One of the flimsiest explanations for the great financial bust-up of 2008-2009 is the repeal of the Glass-Steagall Act in 1999. Passed originally in 1933, the law aimed at prohibiting commercial banks from engaging in underwriting and trading corporate securities.
A new Glass-Steagall Act, argue those in favor, such as Massachusetts Senatorial candidate, Harvard law professor and ex-FDIC Chair Elizabeth Warren on her web site, “would prevent too-big-to-fail Wall Street banks from taking huge risks with people's life savings -- and then expecting taxpayer bailouts.”
However, when pushed by New York Times writer Andrew Ross Sorkin, as to whether or not the financial crisis – or JP Morgan’s recent multibillion dollar securities loss – would have been avoided if Glass-Steagall had been in place, she replied, “The answer is probably ‘no’ to both.”

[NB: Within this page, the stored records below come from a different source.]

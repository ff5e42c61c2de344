-- ===== src/FileCache/Names.antt =====
-- The children of a directory as names with inode numbers, and the step that adds one.
use lt_kernel.Prelude.{
  ℕ, suc, ◌≤◌, ◌≡◌, refl, ap, ◌∙◌, Bool, true, false, ◌||◌, Option, none, some, List, [], ◌∷◌, map,
  ◌==◌, if◌then◌else◌, arith, Bool-cases, Option-cases, inl, inr, All,
}
use lt_kernel.Alloc.{Alloc, request, give_back}
use lt_kernel.FileCache.{
  World, File, Cache, DirectoryEntry, c_string, same_name, dot, dot_dot, find_child, is_cached,
  add_file, cache_entry, set_file,
}

abbrev pub Child : Type 0
Child = Option (List ℕ) × ℕ

abbrev pub child_of : File → Child
child_of f = (f.name, f.inum)

abbrev pub children_of : ℕ → Cache → List Child
children_of dir c = map (λ a. child_of (c.files a)) (c.files dir).children

abbrev pub is_known : List ℕ → List Child → Bool
is_known name [] = false
is_known name ((none, i) ∷ cs) = is_known name cs
is_known name ((some n, i) ∷ cs) = if same_name n name then true else is_known name cs

-- What an entry of a directory adds to its children: nothing for `.`, `..` and a name that is known.
abbrev pub add_child : List Child → DirectoryEntry → List Child
add_child cs e =
    let name = c_string e.name in
    if same_name name dot || same_name name dot_dot
    then cs
    else if is_known name cs
    then cs
    else (some name, e.inode) ∷ cs

-- The directory and its children are at addresses that kmalloc gave before.
pub record IsOld (dir : ℕ) (c : Cache) : Type 0 where
  pub self : dir ≤ c.heap.requests
  pub children : All (λ a. a ≤ c.heap.requests) (c.files dir).children

abbrev Finds : Option ℕ → Bool → Type 0
Finds none known = known ≡ false
Finds (some a) known = known ≡ true

find_child-Finds :
    (files : ℕ → File) (name : List ℕ) (as' : List ℕ)
    → Finds (find_child files name as') (is_known name (map (λ a. child_of (files a)) as'))
unfolding find_child
find_child-Finds files name [] = refl
find_child-Finds files name (a ∷ rest) =
    let h = find_child-Finds files name rest in
    elim (files a).name
      as (λ n.
        Finds
          (elim n [
            | none ↦ find_child files name rest
            | some n ↦ if same_name n name then some a else find_child files name rest
          ])
          (is_known name ((n, (files a).inum) ∷ map (λ a. child_of (files a)) rest))) [
            | none ↦ h
            | some n ↦
                elim (same_name n name)
                  as (λ b.
                    Finds (if b then some a else find_child files name rest)
                      (if b then true else is_known name (map (λ a. child_of (files a)) rest))) [
                        | true ↦ refl
                        | false ↦ h
                      ]
          ]

map_same :
    (f g : ℕ → Child) (n : ℕ) (xs : List ℕ)
    → All (λ a. a ≤ n) xs
    → ((a : ℕ) → a ≤ n → f a ≡ g a)
    → map f xs ≡ map g xs
map_same f g n [] h e = refl
map_same f g n (x ∷ xs) h e = rw (e x h.0, map_same f g n xs h.1 e) refl

All-le : (n k : ℕ) (xs : List ℕ) → n ≤ k → All (λ a. a ≤ n) xs → All (λ a. a ≤ k) xs
All-le n k [] l h = tt
All-le n k (x ∷ xs) l h = (omega arith, All-le n k xs l h.1)

-- The step for one entry, when kmalloc grants what is asked.
pub record Added (dir : ℕ) (cs : List Child) (c : Cache) (r : Bool × Cache) : Type 0 where
  pub goes_on : r.0 ≡ true
  pub old : IsOld dir r.1
  pub children : children_of dir r.1 ≡ cs
  pub inode : (r.1.files dir).inode ≡ (c.files dir).inode

-- The allocator behind a request that is granted.
abbrev after : Alloc → Alloc
after a = record a {
  requests = suc a.requests;
  live = λ x. if x == suc a.requests then true else a.live x;
}

give_back_requests : (p : ℕ) (a : Alloc) → (give_back p a).requests ≡ a.requests
unfolding give_back
give_back_requests p a = ground arith

-- The cache with a new file as the first child of a directory.
abbrev filed : World → ℕ → ℕ → List ℕ → Cache → Cache
filed w dir inum name c =
    let n = suc c.heap.requests in
    let new : File = record (w.raw n) {
      content = none;
      inode = none;
      inum = inum;
      children = [];
      name = some name;
      parent = dir;
    } in
    let d = c.files dir in
    set_file dir (record d { children = n ∷ d.children })
      (set_file n new (record c { heap = after c.heap }))

child_of-filed :
    (w : World) (dir inum : ℕ) (name : List ℕ) (c : Cache) (a : ℕ)
    → a ≤ c.heap.requests
    → child_of ((filed w dir inum name c).files a) ≡ child_of (c.files a)
child_of-filed w dir inum name c a h =
    let q : (a == suc c.heap.requests) ≡ false = ground arith in
    let s : (dir == dir) ≡ true = ground arith in
    elim (Bool-cases (a == dir)) [
      | inl e ↦ let same : a ≡ dir = ground arith in rw (same, s) refl
      | inr e ↦ rw (e, q) refl
    ]

filed-Added :
    (w : World) (dir inum : ℕ) (name : List ℕ) (c : Cache)
    → IsOld dir c
    → Added dir ((some name, inum) ∷ children_of dir c) c (true, filed w dir inum name c)
filed-Added w dir inum name c old =
    let n = suc c.heap.requests in
    let c' = filed w dir inum name c in
    let s : (dir == dir) ≡ true = ground arith in
    let u : (n == dir) ≡ false = ground (arith, old.self) in
    let t : (n == n) ≡ true = ground arith in
    let kept : (c'.files dir).children ≡ n ∷ (c.files dir).children = rw s refl in
    let new : child_of (c'.files n) ≡ (some name, inum) = rw (u, t) refl in
    record {
      goes_on = refl;
      old = record {
        self = omega (arith, old.self);
        children = rw kept (omega arith, All-le c.heap.requests n _ (omega arith) old.children);
      };
      children =
          ap (map (λ a. child_of (c'.files a))) kept
          ∙ rw new (
              ap (λ cs. (some name, inum) ∷ cs)
                (map_same (λ a. child_of (c'.files a)) (λ a. child_of (c.files a)) c.heap.requests _
                  old.children (child_of-filed w dir inum name c)));
      inode = rw s refl;
    }

module _ (w : World) (grants : (n : ℕ) → w.grant n ≡ true) where
  granted : (a : Alloc) → request w.grant a ≡ (suc a.requests, after a)
  unfolding request
  granted a = rw (grants a.requests) refl

  add_file-filed :
      (dir inum : ℕ) (name : List ℕ) (c : Cache)
      → add_file w dir inum name c ≡ (true, filed w dir inum name c)
  unfolding add_file
  add_file-filed dir inum name c =
      let nz : (suc c.heap.requests == 0) ≡ false = ground arith in
      rw (granted c.heap, add_file, nz, granted c.heap) refl

  dropped-Added :
      (dir : ℕ) (c : Cache)
      → IsOld dir c
      → Added dir (children_of dir c) c (
        true,
        record c { heap = give_back (request w.grant c.heap).0 (request w.grant c.heap).1 },
      )
  dropped-Added dir c old =
      let r = request w.grant c.heap in
      let e : (give_back r.0 r.1).requests ≡ suc c.heap.requests =
        give_back_requests r.0 r.1 ∙ ap (λ x. x.1.requests) (granted c.heap) in
      record {
        goes_on = refl;
        old = record {
          self = omega (arith, old.self, e);
          children =
              rw e (All-le c.heap.requests (suc c.heap.requests) _ (omega arith) old.children);
        };
        children = refl;
        inode = refl;
      }

  later : (dir : ℕ) (c : Cache) → IsOld dir c → IsOld dir (record c { heap = after c.heap })
  later dir c old = record {
    self = omega (arith, old.self);
    children = All-le c.heap.requests (suc c.heap.requests) _ (omega arith) old.children;
  }

  pub cache_entry-Added :
      (dir : ℕ) (e : DirectoryEntry) (c : Cache)
      → IsOld dir c
      → Added dir (add_child (children_of dir c) e) c (cache_entry w dir e c)
  unfolding cache_entry is_cached
  cache_entry-Added dir e c old =
      let name = c_string e.name in
      let k = find_child-Finds c.files name (c.files dir).children in
      let drop = dropped-Added dir c old in
      let nz : (suc c.heap.requests == 0) ≡ false = ground arith in
      let pos : ((request w.grant c.heap).0 == 0) ≡ false =
        ap (λ r. r.0 == 0) (granted c.heap) ∙ nz in
      elim (Bool-cases (same_name name dot || same_name name dot_dot)) [
        | inl special ↦ rw (pos, cache_entry, special) drop
        | inr plain ↦ elim (Option-cases (find_child c.files name (c.files dir).children)) [
          | inl new ↦
              let known : is_known name (children_of dir c) ≡ false = rw new at k in
              let c1 : Cache = record c { heap = after c.heap } in
              let f = filed-Added w dir e.inode name c1 (later dir c old) in
              rw
                (
                  pos,
                  cache_entry,
                  plain,
                  new,
                  is_cached,
                  known,
                  granted c.heap,
                  add_file-filed dir e.inode name c1,
                )
                (record {
                  goes_on = f.goes_on;
                  old = f.old;
                  children = f.children;
                  inode = f.inode;
                })
          | inr (a, found) ↦
              let known : is_known name (children_of dir c) ≡ true = rw found at k in
              rw (pos, cache_entry, plain, found, is_cached, known) drop
        ]
      ]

Who Were the Bad Actors? Why did Elizabeth Warren, whose profession is described by the Atlantic magazine as "a progressive consumer advocate," have to concede that Glass-Steagall had little or nothing to do with the bust-up of 2008-2009? Because the law would have had no bearing on the activities of Bear Stearns, Lehman Brothers, AIG , Fanny Mae, and Freddy Mac, the primary “bad actors” of that period. None of them were commercial banks subject to Glass-Steagall. Only Citibank can be cited as having lost its way, perhaps thanks to the law.

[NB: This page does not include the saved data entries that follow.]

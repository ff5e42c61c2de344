-- ===== src/FileCache/Browse.antt =====
-- The loop over the bytes of a directory adds the entries that the bytes encode.
use lt_kernel.Prelude.{
  ℕ, zero, suc, ◌+◌, ◌-◌, ◌%◌, ◌^◌, ◌<◌, ◌≤◌, ◌≡◌, refl, ap, ◌∙◌, Bool, true, false, some, List, [],
  ◌∷◌, ◌==◌, arith, length,
}
use lt_kernel.Prelude.Words.{u32}
use lt_kernel.Prelude.Result.{Result, ok, ◌>>=◌}
use lt_kernel.Status.{KeStatus, status_success}
use lt_kernel.FileCache.{
  World, Inode, Cache, DirectoryEntry, read_entry, cache_entry, browse_loop, is_directory,
  browse_opened, browse_and_cache_directory,
}
use lt_kernel.FileCache.Names.{Child, children_of, add_child, IsOld, cache_entry-Added}

-- The `size` bytes from `i` on are the entries of a list, one behind the other.
abbrev pub Encodes : List ℕ → ℕ → ℕ → List DirectoryEntry → Type 0
Encodes bytes size i [] = size ≡ 0
Encodes bytes size i (e ∷ es) =
    (read_entry bytes i ≡ ok e)
    × (0 < e.rec_len)
    × (e.rec_len ≤ size)
    × Encodes bytes (size - e.rec_len) (i + e.rec_len) es

-- The children of a directory after its entries are added one by one.
abbrev pub add_children : List Child → List DirectoryEntry → List Child
add_children cs [] = cs
add_children cs (e ∷ es) = add_children (add_child cs e) es

record Looped (dir : ℕ) (cs : List Child) (c : Cache) (r : Result (Bool × Cache)) : Type 0 where
  out : Cache
  runs : r ≡ ok (true, out)
  old : IsOld dir out
  children : children_of dir out ≡ cs
  inode : (out.files dir).inode ≡ (c.files dir).inode

-- The body of the loop behind the read of an entry.
abbrev body : ℕ → World → ℕ → List ℕ → ℕ → ℕ → Cache → DirectoryEntry → Result (Bool × Cache)
body fuel w dir bytes size i c e = elim (e.rec_len == 0) [
  | true ↦ ok (true, c)
  | false ↦
      let r = cache_entry w dir e c in
      elim r.0 [
        | false ↦ ok (false, r.1)
        | true ↦ browse_loop fuel w dir bytes (u32 (size + 2 ^ 32 - e.rec_len)) (i + e.rec_len) r.1
      ]
]

module _ (w : World) (grants : (n : ℕ) → w.grant n ≡ true) where
  browse_loop-Looped :
      (fuel dir : ℕ) (bytes : List ℕ) (size i : ℕ) (c : Cache) (es : List DirectoryEntry)
      → length es < fuel
      → size < 0x100000000
      → Encodes bytes size i es
      → IsOld dir c
      → Looped dir (add_children (children_of dir c) es) c (browse_loop fuel w dir bytes size i c)
  unfolding browse_loop
  browse_loop-Looped zero dir bytes size i c es f small en old = absurd (omega arith)
  browse_loop-Looped (suc fuel) dir bytes size i c [] f small en old =
      let z : (size == 0) ≡ true = ground arith in
      rw (z, browse_loop)
        (record { out = c; runs = refl; old = old; children = refl; inode = refl })
  browse_loop-Looped (suc fuel) dir bytes size i c (e ∷ es) f small en old =
      let z : (size == 0) ≡ false = ground arith in
      let y : (e.rec_len == 0) ≡ false = ground arith in
      let s : (size + 4294967296 - e.rec_len) % 4294967296 ≡ size - e.rec_len = omega arith in
      let a = cache_entry-Added w grants dir e c old in
      let c' = (cache_entry w dir e c).1 in
      let r =
        browse_loop-Looped fuel dir bytes (size - e.rec_len) (i + e.rec_len) c' es (omega arith)
          (omega arith) en.3 a.old in
      let step : body fuel w dir bytes size i c e
          ≡ browse_loop fuel w dir bytes (size - e.rec_len) (i + e.rec_len) c' =
        rw (y, body, a.goes_on, s) refl in
      record {
        out = r.out;
        runs =
            rw (z, browse_loop)
              (ap (λ x. x >>= body fuel w dir bytes size i c) en.0 ∙ step ∙ r.runs);
        old = r.old;
        children = r.children ∙ ap (λ cs. add_children cs es) a.children;
        inode = r.inode ∙ a.inode;
      }

-- What BrowseAndCacheDirectory does with a directory that holds the entries `es`.
pub record Browsed (dir : ℕ) (es : List DirectoryEntry) (c : Cache) (r : Result (KeStatus × Cache))
    : Type 0 where
  pub out : Cache
  pub runs : r ≡ ok (status_success, out)
  pub children : children_of dir out ≡ add_children (children_of dir c) es
  pub old : IsOld dir out

-- For an opened directory whose content of 32-bit size encodes a list of entries, if kmalloc grants
-- what is asked and the directory and its children are at addresses that it gave before: with more fuel
-- than there are entries BrowseAndCacheDirectory ends with STATUS_SUCCESS, and the names and inode
-- numbers of the children are those from before with the entries put in front one by one, without `.`,
-- `..` and the names that compare equal to one that is there.
pub browse_and_cache_directory-Browsed :
    (w : World) (fuel dir : ℕ) (c : Cache) (i : Inode) (bytes : List ℕ) (es : List DirectoryEntry)
    → ((n : ℕ) → w.grant n ≡ true)
    → (c.files dir).inode ≡ some i
    → (c.files dir).opened ≡ true
    → (c.files dir).content ≡ some bytes
    → is_directory i ≡ true
    → i.size < 0x100000000
    → Encodes bytes i.size 0 es
    → IsOld dir c
    → length es < fuel
    → Browsed dir es c (browse_and_cache_directory fuel w dir c)
unfolding browse_and_cache_directory browse_opened
browse_and_cache_directory-Browsed w fuel dir c i bytes es grants has opened content isdir small en
      old f =
    let l = browse_loop-Looped w grants fuel dir bytes i.size 0 c es f small en old in
    record {
      out = l.out;
      runs =
          rw (has, browse_and_cache_directory, opened)
            (rw (has, browse_opened, isdir, content, l.runs) refl);
      children = l.children;
      old = l.old;
    }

'Then why are you pushing for its repeal?' Sorkin asked Warren. She replied that it is an easy issue to understand, and “you can build public attention” and make it a symbol of ‘what needs to happen to regulation.’

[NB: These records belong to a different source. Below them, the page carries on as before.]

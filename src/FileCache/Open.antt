-- ===== src/FileCache/Open.antt =====
-- The walk along a path: OpenFileFromName of kernel/fs/file.c. The `/` that the code overwrites with 0
-- and restores is only split at.
use lt_kernel.Prelude.{
  ℕ, zero, suc, ◌+◌, true, false, Option, none, some, List, [], ◌∷◌, ◌==◌, if◌then◌else◌, length,
}
use lt_kernel.Prelude.Result.{Result, ok, stuck, ◌>>=◌}
use lt_kernel.Status.{KeStatus, status_success, status_file_not_found}
use lt_kernel.FileCache.{
  World, Cache, same_name, dot, dot_dot, is_cached, open_file, browse_and_cache_directory,
}

-- The status, what `*file` is set to, if anything, and the cache.
pub record Opened : Type 0 where
  pub status : KeStatus
  pub file : Option ℕ
  pub cache : Cache

-- `path[FirstIndexOf(path, '/')] = '\0'`: what stands before and behind the first `/`.
unfoldable pub split_path : List ℕ → Option (List ℕ × List ℕ)
split_path [] = none
split_path (b ∷ bs) = elim (b == b'/') [
  | true ↦ some ([], bs)
  | false ↦ elim (split_path bs) [ none ↦ none | some (name, rest) ↦ some (b ∷ name, rest) ]
]

-- `IsCached`, which answers FALSE for a NULL directory
abbrev pub cached_in : ℕ → List ℕ → Cache → Option ℕ
cached_in dir name c = if dir == 0 then none else is_cached dir name c

-- `if (file->opened == FALSE) OpenFile(file)`
abbrev pub open_closed : World → ℕ → Cache → KeStatus × Cache
open_closed w a c = if (c.files a).opened then (status_success, c) else open_file w a c

-- The last name of a path.
unfoldable pub open_last : World → ℕ → List ℕ → Cache → Opened
open_last w dir name c = elim (cached_in dir name c) [
  | none ↦ record { status = status_file_not_found; file = none; cache = c }
  | some a ↦
      let r = open_closed w a c in
      elim r.0 [
        | status_success ↦ record { status = status_success; file = some a; cache = r.1 }
        | s ↦ record { status = s; file = none; cache = r.1 }
      ]
]

-- `while (*path != '\0')`, for `fuel` names, where `browse_fuel` serves each directory. The status of
-- BrowseAndCacheDirectory is not read.
unfoldable pub open_from : ℕ → ℕ → World → List ℕ → ℕ → Cache → Result Opened
open_from zero browse_fuel w path dir c = stuck
open_from (suc fuel) browse_fuel w [] dir c =
    ok record { status = status_success; file = none; cache = c }
open_from (suc fuel) browse_fuel w (b ∷ bs) dir c = elim (split_path (b ∷ bs)) [
  | none ↦ ok (open_last w dir (b ∷ bs) c)
  | some (name, rest) ↦ elim (same_name name dot_dot) [
    | true ↦ open_from fuel browse_fuel w rest (c.files dir).parent c
    | false ↦ elim (same_name name dot) [
      | true ↦ open_from fuel browse_fuel w rest dir c
      | false ↦ elim (cached_in dir name c) [
        | none ↦ ok record { status = status_file_not_found; file = none; cache = c }
        | some d ↦
            let r = open_closed w d c in
            elim r.0 [
              | status_success ↦ do
                b ← browse_and_cache_directory browse_fuel w d r.1
                open_from fuel browse_fuel w rest d b.1
              | s ↦ ok record { status = s; file = none; cache = r.1 }
            ]
      ]
    ]
  ]
]

-- `OpenFileFromName`, for the root `root`; `current` is the directory of the process that runs for a
-- thread of a program, and the root for one of the kernel.
unfoldable pub open_file_from_name : ℕ → World → ℕ → ℕ → List ℕ → Cache → Result Opened
open_file_from_name browse_fuel w root current [] c = open_from 1 browse_fuel w [] current c
open_file_from_name browse_fuel w root current (b ∷ bs) c = elim (b == b'/') [
  | true ↦
      if length bs == 0
      then ok record { status = status_success; file = some root; cache = c }
      else open_from (length bs + 1) browse_fuel w bs root c
  | false ↦ open_from (length bs + 2) browse_fuel w (b ∷ bs) current c
]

But I thought the 849 pages of legislation in the Dodd-Frank Act of 2011 gave us all we needed – and much more. Now, apparently, we need more legislation to repeal a “symbol” that had little or nothing to do with the events of 2008-2009. Elizabeth Warren talks and acts more like a Chinese mandarin of the late Ming Dynasty, possessed of all knowledge needed to perfect society, rather than a fallible human being.
In short, Warren’s public repeal campaign is an intellectually dishonest way to attract attention in a hard-fought election campaign, somewhat akin to her ficticious citation of a Cherokee ancestor when climbing the academic ladder at Harvard.
We owe a few words of thanks to the New York Times and Andrew Ross Sorkin for making "progressive consumer advocate" Warren's dishonesty abundantly clear.